Bien que tout le pays soit surveillé par des caméras, et la pornographie interdite, certains tentent de transgresser les règles. Des milliers de personnes se retrouvent victimes de diffusion illégale d’images intimes volées grâce à de mini-caméras. Désignée sous le nom de Molka (signifiant « caméras-espions »), l’utilisation de ces caméras miniatures est devenue un réel problème de société. 

Cette “épidémie” de voyeurisme sexuel est aujourd’hui  une illustration ordinaire de l’exploitation des femmes. Entre 2012 et 2017, il y eu 16 201 arrestations. 98% des interpellés étaient des hommes. 84% des victimes étaient, quant à elles, des femmes.

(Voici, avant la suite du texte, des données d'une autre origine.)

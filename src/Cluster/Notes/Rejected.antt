-- ===== src/Cluster/Notes/Rejected.antt =====
-- Notes of `Put` (server/server.go) to a monitor whose trace is rejected.
use committer.Prelude.{ℕ, String, List, [], ◌∷◌}
use committer.Go.{Go, Panic, ◌>>=◌}
use committer.Tla.{Tla, str}
use committer.Monitor.{
  EventType, capture_state, c_receive_prepare, c_receive_abort, c_receive_commit, c_send_prepare,
  c_send_commit, network_take_message, network_deliver_message,
}
use committer.Monitor.Clauses.{append_to, coordinator}
use committer.Monitor.Rejected.{Rejects, Okay, Okay-bind, Okay-each, Okay-ok, capture_state-Rejects}
use committer.Refine.{
  refine_party, refine_propose_msg, refine_propose_reply, refine_aborted_msg, refine_commit_msg,
  refine_committed_msg,
}
use committer.Cluster.Notes.{
  Log, capture, holds, entry, note_sent, note_delivered, note_read, note_prepared_by,
  note_committed_by, note_propose, note_prepared, note_aborted, note_commit, note_committed,
}

module _ (p : Panic) where
  abbrev pub Fails : Log → Type 0
  Fails l = Rejects p l.monitor

  pub capture-Fails :
      (typ : EventType) (args : List Tla) (l : Log) → Fails l → Okay Fails (capture typ args l)
  unfolding capture
  capture-Fails typ args l h =
      Okay-bind (λ w. Rejects p w.0) Fails (capture_state l.gs typ args l.monitor) _
        (capture_state-Rejects p l.gs typ args l.monitor h) (λ w h'. Okay-ok Fails _ h')

  -- Two values that are computed without the monitor, and what is noted of them.
  with_two :
      (a b : Go Tla) (k : Tla → Tla → Go Log)
      → ((x y : Tla) → Okay Fails (k x y))
      → Okay Fails (do x ← a; y ← b; k x y)
  with_two a b k h = Okay-each Fails a _ (λ x. Okay-each Fails b _ (λ y. h x y))

  note_sent-Fails :
      (typ : EventType) (action : String) (r msg : Tla) (l : Log)
      → Fails l
      → Okay Fails (note_sent typ action r msg l)
  unfolding note_sent
  note_sent-Fails typ action r msg l h =
      with_two (holds l.gs.outbox (msg ∷ [])) (append_to l.gs.actions (entry action r)) _
        (λ full acts.
          let sent = record (l.gs) { outbox = full; actions = acts; who = coordinator } in
          let k = record l { gs = sent } in
          Okay-bind Fails Fails (capture typ (r ∷ []) k) _ (capture-Fails typ (r ∷ []) k h)
            (λ l' h'.
              with_two (holds l'.gs.outbox [])
                (append_to l'.gs.actions (entry "NetworkTakeMessage" msg)) _
                (λ none_left acts'. capture-Fails network_take_message (msg ∷ []) _ h')))

  note_delivered-Fails : (msg : Tla) (l : Log) → Fails l → Okay Fails (note_delivered msg l)
  unfolding note_delivered
  note_delivered-Fails msg l h =
      with_two (holds l.gs.inbox (msg ∷ []))
        (append_to l.gs.actions (entry "NetworkDeliverMessage" msg)) _
        (λ full acts. capture-Fails network_deliver_message (msg ∷ []) _ h)

  note_read-Fails :
      (action : String) (r : Tla) (l : Log) → Fails l → Okay Fails (note_read action r l)
  unfolding note_read
  note_read-Fails action r l h =
      with_two (holds l.gs.inbox []) (append_to l.gs.actions (entry action r)) _
        (λ none_left acts. Okay-ok Fails _ h)

  -- A message that arrives and is read, what is then written down of it, and the event.
  received-Fails :
      (msg r : Tla) (action : String) (typ : EventType) (write_down : Log → Go Log) (l : Log)
      → ((k : Log) → Fails k → Okay Fails (write_down k))
      → Fails l
      → Okay Fails (do
        l₁ ← note_delivered msg l
        l₂ ← note_read action r l₁
        l₃ ← write_down l₂
        capture typ (r ∷ []) l₃)
  received-Fails msg r action typ write_down l keeps h =
      Okay-bind Fails Fails (note_delivered msg l) _ (note_delivered-Fails msg l h) (λ l₁ h₁.
        Okay-bind Fails Fails (note_read action r l₁) _ (note_read-Fails action r l₁ h₁) (λ l₂ h₂.
          Okay-bind Fails Fails (write_down l₂) _ (keeps l₂ h₂)
            (λ l₃ h₃. capture-Fails typ _ l₃ h₃)))

  note_prepared_by-Fails : (r : Tla) (l : Log) → Fails l → Okay Fails (note_prepared_by r l)
  unfolding note_prepared_by
  note_prepared_by-Fails r l h =
      Okay-each Fails (append_to l.gs.tm_prepared r) _ (λ more. Okay-ok Fails _ h)

  note_committed_by-Fails : (r : Tla) (l : Log) → Fails l → Okay Fails (note_committed_by r l)
  unfolding note_committed_by
  note_committed_by-Fails r l h =
      Okay-each Fails (append_to l.gs.tm_committed r) _ (λ more. Okay-ok Fails _ h)

  pub note_propose-Fails : (pid : ℕ) (l : Log) → Fails l → Okay Fails (note_propose pid l)
  unfolding note_propose
  note_propose-Fails pid l h =
      note_sent-Fails c_send_prepare "CSendPrepare" (refine_party pid) (refine_propose_msg pid) l h

  pub note_commit-Fails : (pid : ℕ) (l : Log) → Fails l → Okay Fails (note_commit pid l)
  unfolding note_commit
  note_commit-Fails pid l h =
      note_sent-Fails c_send_commit "CSendCommit" (refine_party pid) (refine_commit_msg pid)
        (record l { gs = record (l.gs) { tm_decision = str "commit" } }) h

  pub note_prepared-Fails : (pid : ℕ) (l : Log) → Fails l → Okay Fails (note_prepared pid l)
  unfolding note_prepared
  note_prepared-Fails pid l h =
      received-Fails (refine_propose_reply pid) (refine_party pid) "CReceivePrepare"
        c_receive_prepare (note_prepared_by (refine_party pid)) l
        (note_prepared_by-Fails (refine_party pid)) h

  pub note_aborted-Fails : (pid : ℕ) (l : Log) → Fails l → Okay Fails (note_aborted pid l)
  unfolding note_aborted
  note_aborted-Fails pid l h =
      received-Fails (refine_aborted_msg pid) (refine_party pid) "CReceiveAbort" c_receive_abort
        (note_prepared_by (refine_party pid)) l (note_prepared_by-Fails (refine_party pid)) h

  pub note_committed-Fails : (pid : ℕ) (l : Log) → Fails l → Okay Fails (note_committed pid l)
  unfolding note_committed
  note_committed-Fails pid l h =
      received-Fails (refine_committed_msg pid) (refine_party pid) "CReceiveCommit" c_receive_commit
        (note_committed_by (refine_party pid)) l (note_committed_by-Fails (refine_party pid)) h
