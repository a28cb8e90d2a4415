-- ===== src/Server/Events.antt =====
-- A node under any sequence of calls and timeouts: the interleavings that the locks leave open
-- (server/server.go).
use committer.Prelude.{ℕ, ◌≡◌, ◌⊎◌, Bool, true, false, List, [], ◌∷◌, ◌==◌, if◌then◌else◌}
use committer.Proto.{ProposeRequest, PrecommitRequest, CommitRequest}
use committer.Cache.{Msg}
use committer.Database.{Database}
use committer.Server.Handlers.{Node, Metadata, propose, precommit, commit, autocommit}

pub data Call : Type 0 where
  proposes : ProposeRequest → Call
  precommits : PrecommitRequest → Call
  commits : Metadata → CommitRequest → Call
  timeout : ℕ → Call

-- Whether the goroutine of the `Precommit` at the index `i` is there.
unfoldable pub waiting : ℕ → List ℕ → Bool
waiting i [] = false
waiting i (j ∷ js) = if j == i then true else waiting i js

module _ (database : Database) where
  unfoldable pub step : Node database → Call → Node database
  unfolding propose precommit commit autocommit waiting
  step s (proposes req) = (propose database s req).1
  step s (precommits req) = (precommit database s req).1
  step s (commits md req) = (commit database md s req).1
  step s (timeout i) = if waiting i s.timers then autocommit database i s else s

  unfoldable pub run : Node database → List Call → Node database
  unfolding step
  run s [] = s
  run s (e ∷ es) = run (step s e) es

-- The messages that a list of calls proposes at an index.
abbrev pub Proposed : List Call → ℕ → Msg → Type 0
Proposed [] i m = ⊥
Proposed (proposes req ∷ es) i m =
    ((req.index ≡ i) × (m ≡ record { key = req.key; value = req.value })) ⊎ Proposed es i m
Proposed (_ ∷ es) i m = Proposed es i m
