-- ===== src/Cluster/Overlap.antt =====
-- Calls of `Put` that overlap (server/server.go). gRPC serves each call in a goroutine of its own and
-- `Put` takes no lock, so the calls share the coordinator and its followers turn by turn. A step is
-- one turn of one call; what a turn does between two calls of followers is not divided further.
pub mod Clean
pub mod Alone
pub mod Lost
pub mod Forgotten
pub mod Rejected
pub mod Mixed
use committer.Prelude.{
  ℕ, zero, suc, ◌+◌, Bool, false, Option, none, some, List, [], ◌∷◌, ◌==◌, if◌then◌else◌,
}
use committer.Go.{Go, ok, panic}
use committer.Proto.{Entry}
use committer.Monitor.{State}
use committer.Refine.{starting}
use committer.Database.{Database}
use committer.Server.Handlers.{Node}
use committer.Server.Events
use committer.Server.Events.{timeout}
use committer.Server.Interceptor.{Peer}
use committer.Cluster.{Session, Fate, Control, continue, exit, crash, out_of_fuel}
use committer.Cluster.Stages.{Turn, Loop, log, with_log, propose_turn, precommit_turn, commit_turn}
use committer.Cluster.Put.{begin, persist, finish}

-- Where a call of `Put` stands; the number is that of the next follower.
pub data Point : Type 0 where
  called : Point
  proposing precommitting : ℕ → Point
  persisting : Point
  committing : ℕ → Point
  finishing : Point
  done : Control → Point

-- A call of `Put` and what is its own: the variable `gs` and the context.
pub record Flight : Type 0 where
  pub entry : Entry
  pub point : Point
  pub gs : State
  pub net : List Fate
  pub expired : Bool
  pub seen_as : Peer

abbrev pub after_turn : (again next : Point) → Control → Point
after_turn again next continue = next
after_turn again next out_of_fuel = again
after_turn again next (exit r) = done (exit r)
after_turn again next (crash p) = done (crash p)

-- What comes next: a turn of the call with a number, or the timeout of a follower's goroutine.
pub data Move : Type 0 where
  runs : ℕ → Move
  fires : (follower index : ℕ) → Move

module _ (database : Database) where
  -- A turn at the follower with the number `i`, if there is one.
  unfoldable pub turn_at :
      (Session database → Node database → Turn database)
      → ℕ
      → Session database
      → List (Node database)
      → Option (Loop database)
  turn_at body i s [] = none
  turn_at body zero s (f ∷ fs) = let (c, t, g) = body s f in some (c, t, g ∷ fs)
  turn_at body (suc i) s (f ∷ fs) = elim (turn_at body i s fs) [
    | none ↦ none
    | some (c, t, gs) ↦ some (c, t, f ∷ gs)
  ]

  abbrev pub Moved : Type 0
  Moved = Point × Session database × List (Node database)

  -- The loop goes on after the turn of the follower `i`, and is over if there is no such follower.
  unfoldable pub loop_turn :
      (again next over : Point)
      → Session database
      → List (Node database)
      → Option (Loop database)
      → Moved
  loop_turn again next over s fs none = (over, s, fs)
  loop_turn again next over s fs (some (c, t, gs)) = (after_turn again next c, t, gs)

  unfoldable pub advance : Entry → Point → Session database → List (Node database) → Moved
  unfolding begin turn_at loop_turn propose_turn precommit_turn persist commit_turn finish
  advance e called s fs = elim (begin (log database s)) [
    | panic p ↦ (done (crash p), s, fs)
    | ok l ↦ (proposing 0, with_log database l s, fs)
  ]
  advance e (proposing i) s fs =
      loop_turn (proposing i) (proposing (i + 1)) (precommitting 0) s fs
        (turn_at (propose_turn database 1 e i) i s fs)
  advance e (precommitting i) s fs =
      loop_turn (precommitting i) (precommitting (i + 1)) persisting s fs
        (turn_at (precommit_turn database i) i s fs)
  advance e persisting s fs =
      let (c, t, gs) = persist database s fs in (after_turn persisting (committing 0) c, t, gs)
  advance e (committing i) s fs =
      loop_turn (committing i) (committing (i + 1)) finishing s fs
        (turn_at (commit_turn database i) i s fs)
  advance e finishing s fs =
      let (c, t, gs) = finish database s fs in (after_turn finishing finishing c, t, gs)
  advance e (done c) s fs = (done c, s, fs)

  pub record System : Type 0 where
    pub self : Node database
    pub fs : List (Node database)
    pub flights : ℕ → Flight

  abbrev pub view : Node database → Flight → Session database
  view self x = record {
    self = self;
    gs = x.gs;
    net = x.net;
    expired = x.expired;
    seen_as = x.seen_as;
  }

  abbrev pub landed : Flight → Point → Session database → Flight
  landed x p t = record {
    entry = x.entry;
    point = p;
    gs = t.gs;
    net = t.net;
    expired = t.expired;
    seen_as = t.seen_as;
  }

  unfoldable pub modify :
      (Node database → Node database) → ℕ → List (Node database) → List (Node database)
  modify g i [] = []
  modify g zero (f ∷ fs) = g f ∷ fs
  modify g (suc i) (f ∷ fs) = f ∷ modify g i fs

  unfoldable pub move : System → Move → System
  unfolding advance modify Events.step
  move y (runs j) =
      let x = y.flights j in
      let (p, t, gs) = advance x.entry x.point (view y.self x) y.fs in
      record { self = t.self; fs = gs; flights = λ i. if i == j then landed x p t else y.flights i }
  move y (fires i t) = record y { fs = modify (λ f. Events.step database f (timeout t)) i y.fs }

  unfoldable pub overlap : System → List Move → System
  unfolding move
  overlap y [] = y
  overlap y (m ∷ ms) = overlap (move y m) ms

-- A call of `Put` that has not begun.
abbrev pub flight : Entry → Peer → List Fate → Flight
flight e p net = record {
  entry = e;
  point = called;
  gs = starting;
  net = net;
  expired = false;
  seen_as = p;
}

-- Turns of one call after another.
abbrev pub turns : ℕ → ℕ → List Move
turns j zero = []
turns j (suc n) = runs j ∷ turns j n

Pornographie par caméras-espions

Les vidéos ou photos des victimes de Molka font l’objet de commentaires humiliants et outrageants sur de nombreux sites et forums. Ce type de victimisation s’inscrit dans le cadre de la violence de genre. Elle ne correspond plus spécifiquement à de la discrimination à l’égard des filles. Ce genre de pornographie est en fait une violation du droit à l’intimité et à la possession de son corps.

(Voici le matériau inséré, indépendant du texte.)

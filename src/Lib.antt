-- ===== src/Lib.antt =====
-- ckmux is a terminal multiplexer: a server owns the terminals of its sessions, and clients attach
-- to a session over a local stream, show its terminals and send it what is typed. This library
-- models the protocol between the two, which every other part stands on, the algebra of screens and
-- their changes, the statistics that the server reports, and the spelling of the keys that a
-- configuration binds.
--
-- The program's parts. src/common/proto.{hpp,cpp} says every message as bytes and reads it back:
-- a frame is a header of eight bytes (the payload's length, the message's type, flags that are
-- zero) and a payload that the type's `write` makes and its `read` takes apart. A stream's reads
-- end anywhere, so `FrameReader` keeps what has arrived until a frame is whole. `Server::serve` of
-- src/server/server.cpp appends what a client sent and hands every message to `handle`, until
-- there is no whole frame, or a frame is bad, or the client is closing. src/server/terminals.cpp
-- and src/server/diff_engine.cpp turn a terminal's screen into rows of runs (`to_runs`), and the
-- client's mirror turns them back (`from_runs`). src/common/grid_delta.{hpp,cpp} says what a change of
-- a screen is: the server keeps what it believes a client holds, `diff` makes the operations that
-- lead from there to the terminal's screen, and the client's mirror checks and performs them
-- (`apply_delta`), or refuses them all and asks for a snapshot. `TerminalDiffer` of
-- src/server/diff_engine.cpp holds that belief, sends a numbered delta per tick, and performs it on
-- the belief too; `TerminalMirror` of src/client/mirror.cpp takes the next number only.
-- src/common/stats.cpp computes how much of a processor a terminal uses. src/common/keymap.cpp reads and writes key chords: the configuration
-- binds them, and the client dispatches and shows them, by their spelling.
--
-- Which file models which part, all of them under src/common/proto.{hpp,cpp} unless it is said:
--   Prelude               the shared names, tests, lists and signed integers
--   Proto.Wire            the state of `Writer` and `Reader`: what is written, or what is left to
--                         read, and `ok_`; methods are put in sequence with ▸ and do
--   Proto.Writer          u8 … i64, str, blob, and the loops that write a sequence
--   Proto.Reader          u8 … i64, str, blob, count, enum_of, and the loops that read a sequence
--   Proto.CellLib         ckVision's colours, styles and cells, which are parameters; nothing is
--                         asked of them, and a style may have members that are not sent
--   Proto.Cells           color, cell, runs and lines of both classes; Cells.Size encoded_size
--   Proto.Enums           the enumerations, each with its number and the check of its range
--   Proto.Shapes          rect, tile, cursor and job
--   Proto.Handshake, Sessions, SessionLists, Terminals, Layout, Arrangements, State, Snapshots,
--   Attaching, GridOps, Grid, Deltas, Images, Events, Printing
--                         the structs of proto.hpp with their write and read, and encoded_size of
--                         a terminal and a snapshot in State and Snapshots
--   Proto.MessageType, Proto.Message
--                         the types, the variant of all messages, type_of, decode_alternative and
--                         is_known_type
--   Proto.Carried         not of the source: the message that the other end gets, in which a cell
--                         has its text and a fresh style of its two colours and its attributes,
--                         since the writer's `cell` sends no underline; Carried.Exact says which
--                         messages are sent whole
--   Proto.DecodeError, Proto.Codec
--                         payload_cap, encode and decode
--   Proto.Frames          FrameReader, and `Server::serve` of src/server/server.cpp (arrive, drain,
--                         serve)
--   Proto.Runs            to_runs and from_runs
--   Delta.State           GridState of src/common/grid_delta.hpp; blank_state, the history's
--                         functions and resize_state of src/common/grid_delta.cpp, as all of Delta
--   Delta.Rows            row_of, shift_rows, and the copy of cells into a grid
--   Delta.Hash            row_hash
--   Delta.Repaint         emit_changed_row: a round per run, on fuel, with the span that is pending
--   Delta.Search          the band of changed rows and the shift that explains most of it, in `diff`
--   Delta.Diff            the rest of diff, emit_every_row and full_repaint
--   Delta.Apply           apply_delta: the check of all operations, then each one performed
--   Delta.Compare         same_state
--   Delta.Encode          encode_grid and decode_grid
--   Client.Mirror         TerminalMirror of src/client/mirror.{hpp,cpp}: adopt, apply, open and the
--                         history's limit
--   Server.Differ         TerminalDiffer::flush of src/server/diff_engine.cpp, with row_hints,
--                         state_of and newest_history_lines; what a tick reads of ckVision's
--                         terminal is a record
--   Stats.Rate            cpu_rate of src/common/stats.cpp
--   Stats.Sample          CpuBaseline of src/common/stats.hpp and make_term_stats; the sample of a
--                         process tree is ckVision's and a parameter
--   Keymap                parse_chord and chord_spelling of src/common/keymap.cpp; ckVision's keys
--                         and their names are parameters
-- Beside each stands what is proved of it: RoundTrip, Fits, Size, Bounds, Streaming and so on.
-- Proto.Codes says what it is for a writer and a reader to agree on a value, and how fields that
-- agree make a struct that does; every message's round trip is put together from it.
--
-- Numbers. A byte is a natural number below 256, text is a list of bytes, and an unsigned field is a
-- natural number; a cast to a narrower type is a remainder. A signed field is an integer, and goes
-- over the wire as its two's-complement word. A message fits when every number is in its C++ type,
-- every text's length is in its length field and under the reader's cap (64 KiB for a clipboard's
-- text, which the writer does not hold to it), and a cell's width is zero exactly when it has no text,
-- as ckVision's constructors make them.
--
-- Bounds and fuel. The caps are the source's: 1 MiB for a payload, 256 KiB and 64 bytes for a
-- chunk, 16 MiB for a snapshot. The loops over sequences run as often as the count that was read,
-- which was checked against the bytes left. `drain` is given one round more than there are bytes
-- buffered: every message takes at least eight. The loop
-- over the runs of a row has as many rounds as the row has cells, and each takes at least one.
--
-- Screens. A grid is the list of its cells, row after row, and the grid of a mirror is one too; a
-- region's shift and a copy are equations between lists. A size is two integers, and a negative one
-- counts as zero, also where the source would index by it. The comparisons of graphemes, widths and
-- styles are ckVision's and parameters, of which it is asked that equal ones are equal.
--
-- Not modelled: ckVision and the operating system, which are not in the repository; `describe`,
-- `to_wire` and `from_wire`; what `handle` does, which is a parameter that tells whether a message
-- leaves the client closing; the tables of
-- names of keymap.cpp; src/common/config.cpp and shell.cpp,
-- the pictures, the fetched print jobs and the drawing of mirror.cpp, the snapshots, pictures and the
-- loop over terminals of src/server/diff_engine.cpp, src/server/terminals.cpp, the rest of server.cpp
-- and of src/client, which build on this; and src/platform, which is input and output.
pub mod Client
pub mod Delta
pub mod Keymap
pub mod Prelude
pub mod Proto
pub mod Server
pub mod Stats
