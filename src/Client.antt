-- ===== src/Client.antt =====
-- The client's side of a terminal: src/client.
pub mod Mirror
mod Tests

Les caméras miniatures sont insérées dans des objets du quotidien tels que les téléphones, les montres, les stylos, ou encore dans les branches de lunettes. Elles sont souvent cachées dans les vestiaires, les cabines d’essayage ou les toilettes publiques. Ces pratiques se sont même professionnalisées. Ces images volées sont ensuite partagées sur des groupes privés en ligne ou sur des sites pornographiques. Le corps est alors exposé. Des personnes peu vêtues ou nues se retrouvent sous les feux des projecteurs et subissent, par la suite, des commentaires et attitudes misogynes.

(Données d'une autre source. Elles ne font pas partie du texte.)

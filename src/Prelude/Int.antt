-- ===== src/Prelude/Int.antt =====
-- Signed integers, and the two's-complement words that stand for them on the wire.
use Prim.Native.Nat.{ℕ, ◌-◌, ◌*◌, ◌%◌, ◌^◌, ◌<◌}
use mathlib.Core.Path.{◌≡◌}
use native.Mathlib.Omega.{arith}
use ckmux.Prelude.Tests.{ltb, if◌then◌else◌}

-- `negsuc n` is -(n + 1).
pub data ℤ : Type 0 where
  pos : ℕ → ℤ
  negsuc : ℕ → ℤ

-- The magnitude that a two's-complement word of `2 * h` values has to hold below `h`.
abbrev pub magnitude : ℤ → ℕ
magnitude (pos n) = n
magnitude (negsuc n) = n

-- `static_cast` of a signed value to the unsigned type with `2 * h` values.
abbrev pub to_word : ℕ → ℤ → ℕ
to_word h (pos n) = n % (2 * h)
to_word h (negsuc n) = 2 * h - 1 - n % (2 * h)

-- `static_cast` of an unsigned word with `2 * h` values to the signed type of its width.
abbrev pub of_word : ℕ → ℕ → ℤ
of_word h w = if ltb w h then pos w else negsuc (2 * h - 1 - w)

pub of_word-to_word_16 : (z : ℤ) → magnitude z < 2 ^ 15 → of_word (2 ^ 15) (to_word (2 ^ 15) z) ≡ z
of_word-to_word_16 (pos n) h = ground arith
of_word-to_word_16 (negsuc n) h = ground arith

pub of_word-to_word_32 : (z : ℤ) → magnitude z < 2 ^ 31 → of_word (2 ^ 31) (to_word (2 ^ 31) z) ≡ z
of_word-to_word_32 (pos n) h = ground arith
of_word-to_word_32 (negsuc n) h = ground arith

pub of_word-to_word_64 : (z : ℤ) → magnitude z < 2 ^ 63 → of_word (2 ^ 63) (to_word (2 ^ 63) z) ≡ z
of_word-to_word_64 (pos n) h = ground arith
of_word-to_word_64 (negsuc n) h = ground arith

pub to_word_16-lt : (z : ℤ) → to_word (2 ^ 15) z < 2 ^ 16
to_word_16-lt (pos n) = omega arith
to_word_16-lt (negsuc n) = omega arith

pub to_word_32-lt : (z : ℤ) → to_word (2 ^ 31) z < 2 ^ 32
to_word_32-lt (pos n) = omega arith
to_word_32-lt (negsuc n) = omega arith

pub to_word_64-lt : (z : ℤ) → to_word (2 ^ 63) z < 2 ^ 64
to_word_64-lt (pos n) = omega arith
to_word_64-lt (negsuc n) = omega arith
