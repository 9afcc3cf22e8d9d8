-- ===== src/Proto/CellLib.antt =====
-- The cells, styles and colours of the ckVision library (cvision/core/cell.hpp), which is not part
-- of the repository: what src/common/proto.cpp calls of it, and what it relies on.
use ckmux.Prelude.{ℕ, Bool, List}
use ckmux.Prelude.Int.{ℤ}

pub record CellLib : Type 1 where
  pub Color : Type 0
  pub Style : Type 0
  pub Cell : Type 0
  pub is_rgb : Color → Bool
  pub is_indexed : Color → Bool
  pub red : Color → ℕ
  pub green : Color → ℕ
  pub blue : Color → ℕ
  pub index : Color → ℕ
  pub default_color : Color
  pub indexed : ℕ → Color
  pub rgb : ℕ → ℕ → ℕ → Color
  pub fg : Style → Color
  pub bg : Style → Color
  pub attrs : Style → ℕ
  -- A fresh `Style` whose three members are then assigned.
  pub make_style : Color → Color → ℕ → Style
  pub grapheme : Cell → List ℕ
  pub width : Cell → ℤ
  pub style : Cell → Style
  pub from_grapheme : List ℕ → Style → Cell
  pub continuation : Style → Cell
  -- `Cell{}`
  pub empty_cell : Cell
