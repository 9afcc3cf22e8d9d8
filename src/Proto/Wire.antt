-- ===== src/Proto/Wire.antt =====
-- The states of the `Writer` and the `Reader` of src/common/proto.cpp, and how their methods are put
-- in sequence. A byte is a number below 256 and a string a list of bytes. The reader's `bytes_` and
-- `position_` are the one list `rest` of what is not read yet.
use ckmux.Prelude.{ℕ, Bool, true, List}

pub record Writer : Type 0 where
  pub out : List ℕ
  pub ok : Bool

-- A method of the writer.
abbrev pub Put : Type 0
Put = Writer → Writer

infixr 6 ◌▸◌
unfoldable pub ◌▸◌ : Put → Put → Put
◌▸◌ p q w = q (p w)

-- A body that writes nothing.
unfoldable pub nothing : Put
nothing w = w

pub record Reader : Type 0 where
  pub rest : List ℕ
  pub ok : Bool

-- A method of the reader, with what it returns.
abbrev pub Get : Type 0 → Type 0
Get A = Reader → A × Reader

infixl 5 ◌>>=◌ ◌>>◌
unfoldable pub ◌>>=◌ : {A B : Type 0} → Get A → (A → Get B) → Get B
◌>>=◌ g f r = let (a, r') = g r in f a r'

abbrev pub ◌>>◌ : {A B : Type 0} → Get A → Get B → Get B
g >> h = g >>= λ _. h

unfoldable pub pure : {A : Type 0} → A → Get A
pure a r = (a, r)

-- A reader that has not failed, before `rest`.
abbrev pub ready : List ℕ → Reader
ready rest = record { rest = rest; ok = true }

Filmées à leur insu, certaines femmes font aussi les frais de vengeance pornographique, lorsque leurs ex partagent publiquement des vidéos de leurs rapports. Tous les milieux sociaux sont touchés : même les stars de K-pop, objets de fierté commerciale nationale, se retrouvent sur les bancs des accusés. Ces derniers jours, une nouvelle affaire de violences faites aux femmes a fait la Une. Il s’agit d’un scandale qui vise le chanteur Jung Jong-young, accusé d’avoir diffusé des vidéos sexuelles avec plusieurs partenaires, filmées sans leur consentement. Peu de temps avant, la presse sud-coréenne révélait l’affaire Seungri, membre du célèbre groupe de K-pop BIGBANG, inculpé pour « incitation à la prostitution ».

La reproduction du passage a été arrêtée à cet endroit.